■ Task details: The required output is the lines below from the line containing "pub key : ℕ → ℕ → Bool → Call W Key" to the line containing "pub device : W", inclusive, retyped exactly. No other lines belong in it.

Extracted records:
━━━━━━━━━━━━━━━━━━━━
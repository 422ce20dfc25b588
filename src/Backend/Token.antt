-- ===== src/Backend/Token.antt =====
-- internal/backend/pkcs11.go: the key backend of a PKCS#11 token, one session that is recovered after
-- an error and that stops for good at a refused PIN. The token and the PIN's file are a `Device`.
pub mod Serving
pub mod Sessions
pub mod Reopening
pub mod Calls
pub mod Signing
pub mod Tests
use cosmosigner.Prelude.{
  ℕ, Bytes, bytes_eq, is_empty, codes, Bool, true, false, not, ◌&&◌, ◌||◌, ◌==◌, Option, none, some,
  List, [], ◌∷◌, ◌++◌, length, any, Result, ok, err, fail_if, if◌then◌else◌,
}
use cosmosigner.Prelude.Exec.{Exec, pure, raise, lift, gets, modify, check, skip, ◌>>=◌, ◌>>◌}
use cosmosigner.Backend.{Pkcs11Config}
use cosmosigner.Backend.Addressing.{AddressError, validate_pkcs11}

-- The code of a pkcs11Error; any other error has none.
abbrev pub Fault : Type 0
Fault = Option ℕ

-- pkcs11Code
abbrev pub has_code : List ℕ → Fault → Bool
has_code codes (some c) = any (λ d. c == d) codes
has_code codes none = false

-- pkcs11Token
pub record Token : Type 0 where
  pub slot : ℕ
  pub label : Bytes

-- pkcs11Key
pub record Key : Type 0 where
  pub class : ℕ
  pub key_type : ℕ
  pub signs : Bool
  pub sensitive : Bool
  pub non_extractable : Bool
  pub params : Bytes
  pub point : Bytes

abbrev pub edwards : ℕ
edwards = 64

abbrev pub eddsa : ℕ
eddsa = 4183

abbrev pub Call : Type 0 → Type 0 → Type 0
Call W A = W → Result Fault A × W

-- pkcs11Module, the file of the PIN and the release of the module, over the state of the token.
pub record Device (W : Type 0) : Type 0 where
  pub tokens : Call W (List Token)
  pub mechanisms : ℕ → Call W (List ℕ)
  pub open_session : ℕ → Call W ℕ
  pub close_session : ℕ → Call W (Unit {0})
  pub login : ℕ → Bytes → Call W (Unit {0})
  pub find : ℕ → Bool → Pkcs11Config → Call W (List ℕ)
  pub key : ℕ → ℕ → Bool → Call W Key
  pub sign : ℕ → ℕ → Bytes → Call W Bytes
  pub read_pin : Call W Bytes
  pub release : Call W (Unit {0})

-- PKCS11, beside the state of its device. An empty `pub_key` is nil.
pub record Pkcs11 (W : Type 0) : Type 0 where
  pub session : ℕ
  pub session_open : Bool
  pub private : ℕ
  pub pub_key : Bytes
  pub pin_failure : Bool
  pub closed : Bool
  pub device : W

pub data TokenError : Type 0 where
  bad_config : AddressError → TokenError
  pin_latched pin_unreadable pin_empty login_failed : TokenError
  tokens_failed selector_ambiguous mechanisms_failed no_eddsa open_failed : TokenError
  find_failed key_ambiguous key_unreadable wrong_key wrong_params exportable wrong_point :
      TokenError
  key_changed sign_failed bad_signature not_deterministic is_closed cancelled : TokenError
  close_failed release_failed : TokenError
  binding_corrupt : TokenError → TokenError

abbrev pub as_error : {A : Type 0} → TokenError → Result Fault A → Result TokenError A
as_error e (ok a) = ok a
as_error e (err f) = err e

abbrev pub the_only : TokenError → List ℕ → Result TokenError ℕ
the_only e (x ∷ []) = ok x
the_only e _ = err e

abbrev pub is_line_end : ℕ → Bool
is_line_end c = c == 13 || c == 10

-- strings.TrimRight(s, "\r\n")
unfoldable pub trim_right : Bytes → Bytes
trim_right [] = []
trim_right (c ∷ s) =
    let rest = trim_right s in if is_empty rest && is_line_end c then [] else c ∷ rest

abbrev pub is_selected : Pkcs11Config → Token → Bool
is_selected cfg t = elim cfg.slot [ some n ↦ t.slot == n | none ↦ bytes_eq t.label cfg.token_label ]

unfoldable pub matching : Pkcs11Config → List Token → List ℕ
matching cfg [] = []
matching cfg (t ∷ ts) =
    let rest = matching cfg ts in if is_selected cfg t then t.slot ∷ rest else rest

-- The object identifier of Ed25519, in its two encodings.
abbrev pub is_ed25519 : Bytes → Bool
is_ed25519 params =
    bytes_eq params (6 ∷ 3 ∷ 43 ∷ 101 ∷ 112 ∷ [])
    || bytes_eq params (19 ∷ 12 ∷ codes "edwards25519")

abbrev pub wanted_class : Bool → ℕ
wanted_class true = 3
wanted_class false = 2

unfoldable pub check_key : Bool → Key → Result TokenError (Unit {0})
check_key is_private k =
    if not (k.class == wanted_class is_private)
      || not (k.key_type == edwards)
      || (is_private && not k.signs)
    then err wrong_key
    else if not (is_ed25519 k.params)
    then err wrong_params
    else fail_if (is_private && (not k.sensitive || not k.non_extractable)) exportable

-- The point, out of its DER octet string.
unfoldable pub raw_point : Bytes → Bytes
raw_point (a ∷ b ∷ p) = if length p == 32 && a == 4 && b == 32 then p else a ∷ b ∷ p
raw_point p = p

-- A method of the backend over the token's state.
abbrev pub M : Type 0 → Type 0 → Type 0
M W A = Exec TokenError (Pkcs11 W) A

module _ {W A : Type 0} where
  abbrev pub answered :
      Pkcs11 W → Result Fault A × W → Result TokenError (Result Fault A) × Pkcs11 W
  answered s (r, w) = (ok r, record s { device = w })

  -- A call of the device, with its error as a value.
  unfoldable pub call : Call W A → M W (Result Fault A)
  call c s = answered s (c s.device)

  -- A call whose error ends the method.
  unfoldable pub ask : Call W A → TokenError → M W A
  ask c e = call c >>= λ r. lift (as_error e r)

-- What a new session is known by; the public key is that of the first one.
abbrev pub adopt : {W : Type 0} → ℕ × Bytes → Pkcs11 W → Pkcs11 W
adopt k s = record s { private = k.0; pub_key = if is_empty s.pub_key then k.1 else s.pub_key }

module _ {W : Type 0} (d : Device W) (cfg : Pkcs11Config) where
  -- dropSession
  unfoldable pub drop_session : M W (Unit {0})
  drop_session = gets (λ s. s.session_open) >>= λ is_open.
      (if is_open
        then (gets (λ s. s.session) >>= λ session.
            call (d.close_session session) >>= λ r. modify (λ s. record s { session_open = false }))
        else skip)
      >> modify (λ s. record s { private = 0 })

  abbrev pub drop_after :
      {A : Type 0} → Result TokenError A × Pkcs11 W → Result TokenError A × Pkcs11 W
  drop_after (ok a, s) = (ok a, s)
  drop_after (err e, s) = (drop_session >> raise e) s

  -- `if err != nil { b.dropSession(); return err }`
  unfoldable pub or_drop : {A : Type 0} → M W A → M W A
  or_drop m s = drop_after (m s)

  unfoldable pub find_key : Bool → M W (ℕ × Key)
  find_key is_private = gets (λ s. s.session) >>= λ session.
      ask (d.find session is_private cfg) find_failed >>= λ objects.
      lift (the_only key_ambiguous objects) >>= λ object.
      ask (d.key session object is_private) key_unreadable >>= λ k.
      lift (check_key is_private k) >> pure (object, k)

  -- keys: the handle of the private key, and the public key.
  unfoldable pub keys : M W (ℕ × Bytes)
  keys = find_key true >>= λ p. find_key false >>= λ q.
      check (λ s. not (length (raw_point q.1.point) == 32)) wrong_point
      >> pure (p.0, raw_point q.1.point)

  unfoldable pub logged_in : Result Fault (Unit {0}) → M W (Unit {0})
  logged_in (ok u) = skip
  logged_in (err f) =
      if has_code (256 ∷ []) f
      then skip
      else if has_code (160 ∷ 164 ∷ []) f
      then modify (λ s. record s { pin_failure = true }) >> drop_session >> raise pin_latched
      else drop_session >> raise login_failed

  unfoldable pub log_in : Bytes → M W (Unit {0})
  log_in pin = gets (λ s. s.session) >>= λ session. call (d.login session pin) >>= λ r. logged_in r

  -- The keys of a new session, whose public key must be the one that is known.
  unfoldable pub same_keys : M W (ℕ × Bytes)
  same_keys = keys >>= λ k.
      check (λ s. not (is_empty s.pub_key) && not (bytes_eq s.pub_key k.1)) key_changed >> pure k

  unfoldable pub begin_session : ℕ → M W (Unit {0})
  begin_session slot = ask (d.open_session slot) open_failed >>= λ session.
      modify (λ s. record s { session = session; session_open = true })

  -- The PIN, of which only line ends are cut off.
  unfoldable pub pin_text : M W Bytes
  pin_text = ask d.read_pin pin_unreadable >>= λ content.
      check (λ s. is_empty (trim_right content)) pin_empty >> pure (trim_right content)

  unfoldable pub find_slot : M W ℕ
  find_slot = ask d.tokens tokens_failed >>= λ tokens.
      lift (the_only selector_ambiguous (matching cfg tokens)) >>= λ slot.
      ask (d.mechanisms slot) mechanisms_failed >>= λ mechanisms.
      check (λ s. not (any (λ m. m == eddsa) mechanisms)) no_eddsa >> pure slot

  unfoldable pub reopen : M W (Unit {0})
  reopen = check (λ s. s.pin_failure) pin_latched >> drop_session >> find_slot >>= λ slot.
      pin_text >>= λ pin.
      begin_session slot >> log_in pin >> or_drop same_keys >>= λ k. modify (adopt k)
━━━━━━━━━━━━━━━━━━━━
■ Response below:
  pub key : ℕ → ℕ → Bool → Call W Key
  pub sign : ℕ → ℕ → Bytes → Call W Bytes
  pub read_pin : Call W Bytes
  pub release : Call W (Unit {0})

-- PKCS11, beside the state of its device. An empty `pub_key` is nil.
pub record Pkcs11 (W : Type 0) : Type 0 where
  pub session : ℕ
  pub session_open : Bool
  pub private : ℕ
  pub pub_key : Bytes
  pub pin_failure : Bool
  pub closed : Bool
  pub device : W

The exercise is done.